> Task to complete:
Locate, in the data below, the line that contains "else if c == 0x130 || c == 0x131" and the line that contains "its ten seconds"; reproduce exactly those two lines and every line between them, nothing more.

════════════════════

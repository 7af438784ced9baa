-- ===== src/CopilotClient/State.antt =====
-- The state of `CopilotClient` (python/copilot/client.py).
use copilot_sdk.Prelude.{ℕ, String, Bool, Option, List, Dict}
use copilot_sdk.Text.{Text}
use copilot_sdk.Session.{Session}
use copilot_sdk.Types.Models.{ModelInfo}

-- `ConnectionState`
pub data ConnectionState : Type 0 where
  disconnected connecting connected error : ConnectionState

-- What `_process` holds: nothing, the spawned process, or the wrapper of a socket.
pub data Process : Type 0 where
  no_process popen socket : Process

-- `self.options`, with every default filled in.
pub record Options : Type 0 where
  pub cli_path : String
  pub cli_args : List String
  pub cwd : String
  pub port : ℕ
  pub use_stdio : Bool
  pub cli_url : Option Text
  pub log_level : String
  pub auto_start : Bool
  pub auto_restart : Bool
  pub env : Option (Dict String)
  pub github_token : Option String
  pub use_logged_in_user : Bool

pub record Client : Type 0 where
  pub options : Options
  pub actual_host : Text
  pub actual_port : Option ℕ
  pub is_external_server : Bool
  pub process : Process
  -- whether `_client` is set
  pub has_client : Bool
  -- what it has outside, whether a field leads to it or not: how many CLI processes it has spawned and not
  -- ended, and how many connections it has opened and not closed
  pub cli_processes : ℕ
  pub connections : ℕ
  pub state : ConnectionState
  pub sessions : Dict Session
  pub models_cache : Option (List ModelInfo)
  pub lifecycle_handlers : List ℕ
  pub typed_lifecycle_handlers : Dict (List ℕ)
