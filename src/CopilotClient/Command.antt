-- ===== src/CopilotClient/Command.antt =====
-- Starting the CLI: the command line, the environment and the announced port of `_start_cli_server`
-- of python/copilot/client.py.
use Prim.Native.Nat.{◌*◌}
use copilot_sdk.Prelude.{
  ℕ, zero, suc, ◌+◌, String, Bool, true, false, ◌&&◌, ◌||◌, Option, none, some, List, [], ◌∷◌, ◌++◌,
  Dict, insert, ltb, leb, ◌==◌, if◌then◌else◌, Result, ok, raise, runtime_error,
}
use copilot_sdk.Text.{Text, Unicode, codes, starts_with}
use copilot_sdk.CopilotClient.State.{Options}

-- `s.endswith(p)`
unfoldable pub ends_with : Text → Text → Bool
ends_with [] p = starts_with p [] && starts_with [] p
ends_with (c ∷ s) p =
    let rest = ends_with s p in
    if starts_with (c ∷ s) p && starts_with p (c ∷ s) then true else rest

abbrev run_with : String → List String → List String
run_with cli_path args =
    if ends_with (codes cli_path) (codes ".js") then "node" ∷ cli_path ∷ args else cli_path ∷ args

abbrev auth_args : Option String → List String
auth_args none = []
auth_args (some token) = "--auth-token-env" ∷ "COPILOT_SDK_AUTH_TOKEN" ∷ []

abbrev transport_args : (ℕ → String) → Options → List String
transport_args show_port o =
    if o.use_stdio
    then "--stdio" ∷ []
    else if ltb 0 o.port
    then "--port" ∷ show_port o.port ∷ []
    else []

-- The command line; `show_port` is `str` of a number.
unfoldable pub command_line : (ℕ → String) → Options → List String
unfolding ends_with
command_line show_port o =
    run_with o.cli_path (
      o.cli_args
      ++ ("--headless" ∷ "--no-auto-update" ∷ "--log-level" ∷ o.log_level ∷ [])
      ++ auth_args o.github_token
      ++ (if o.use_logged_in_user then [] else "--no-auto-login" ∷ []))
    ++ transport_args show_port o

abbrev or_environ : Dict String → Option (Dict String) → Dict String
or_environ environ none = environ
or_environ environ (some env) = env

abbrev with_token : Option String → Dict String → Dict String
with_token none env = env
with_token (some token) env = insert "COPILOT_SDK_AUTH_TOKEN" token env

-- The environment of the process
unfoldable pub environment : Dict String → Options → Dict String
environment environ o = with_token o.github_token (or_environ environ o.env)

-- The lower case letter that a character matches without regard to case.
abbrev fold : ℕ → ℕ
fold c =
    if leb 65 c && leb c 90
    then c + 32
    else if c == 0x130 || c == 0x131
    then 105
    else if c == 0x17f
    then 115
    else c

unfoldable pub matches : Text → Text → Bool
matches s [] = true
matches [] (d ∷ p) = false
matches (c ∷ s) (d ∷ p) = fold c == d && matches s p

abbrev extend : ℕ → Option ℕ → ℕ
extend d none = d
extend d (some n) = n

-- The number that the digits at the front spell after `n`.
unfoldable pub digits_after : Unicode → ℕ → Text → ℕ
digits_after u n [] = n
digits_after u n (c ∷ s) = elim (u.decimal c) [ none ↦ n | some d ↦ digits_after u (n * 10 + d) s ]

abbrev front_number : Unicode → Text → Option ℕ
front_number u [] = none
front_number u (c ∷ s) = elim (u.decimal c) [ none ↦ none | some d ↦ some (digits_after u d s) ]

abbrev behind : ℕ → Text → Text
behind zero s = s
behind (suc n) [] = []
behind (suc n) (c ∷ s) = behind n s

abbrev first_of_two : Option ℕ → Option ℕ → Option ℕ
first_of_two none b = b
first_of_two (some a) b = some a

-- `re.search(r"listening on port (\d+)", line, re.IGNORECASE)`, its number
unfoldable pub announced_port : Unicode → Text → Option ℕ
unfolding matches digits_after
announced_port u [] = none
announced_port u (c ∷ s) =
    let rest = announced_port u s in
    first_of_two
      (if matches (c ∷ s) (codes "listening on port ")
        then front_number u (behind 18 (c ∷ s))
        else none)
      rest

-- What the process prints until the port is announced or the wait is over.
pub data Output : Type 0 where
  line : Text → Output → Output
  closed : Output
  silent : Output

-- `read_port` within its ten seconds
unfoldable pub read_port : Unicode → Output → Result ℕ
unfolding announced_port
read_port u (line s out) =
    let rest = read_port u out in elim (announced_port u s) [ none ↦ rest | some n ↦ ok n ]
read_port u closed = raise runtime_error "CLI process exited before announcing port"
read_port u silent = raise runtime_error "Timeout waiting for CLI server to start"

════════════════════

> Exercise response:
    else if c == 0x130 || c == 0x131
    then 105
    else if c == 0x17f
    then 115
    else c

unfoldable pub matches : Text → Text → Bool
matches s [] = true
matches [] (d ∷ p) = false
matches (c ∷ s) (d ∷ p) = fold c == d && matches s p

abbrev extend : ℕ → Option ℕ → ℕ
extend d none = d
extend d (some n) = n

-- The number that the digits at the front spell after `n`.
unfoldable pub digits_after : Unicode → ℕ → Text → ℕ
digits_after u n [] = n
digits_after u n (c ∷ s) = elim (u.decimal c) [ none ↦ n | some d ↦ digits_after u (n * 10 + d) s ]

abbrev front_number : Unicode → Text → Option ℕ
front_number u [] = none
front_number u (c ∷ s) = elim (u.decimal c) [ none ↦ none | some d ↦ some (digits_after u d s) ]

abbrev behind : ℕ → Text → Text
behind zero s = s
behind (suc n) [] = []
behind (suc n) (c ∷ s) = behind n s

abbrev first_of_two : Option ℕ → Option ℕ → Option ℕ
first_of_two none b = b
first_of_two (some a) b = some a

-- `re.search(r"listening on port (\d+)", line, re.IGNORECASE)`, its number
unfoldable pub announced_port : Unicode → Text → Option ℕ
unfolding matches digits_after
announced_port u [] = none
announced_port u (c ∷ s) =
    let rest = announced_port u s in
    first_of_two
      (if matches (c ∷ s) (codes "listening on port ")
        then front_number u (behind 18 (c ∷ s))
        else none)
      rest

-- What the process prints until the port is announced or the wait is over.
pub data Output : Type 0 where
  line : Text → Output → Output
  closed : Output
  silent : Output

-- `read_port` within its ten seconds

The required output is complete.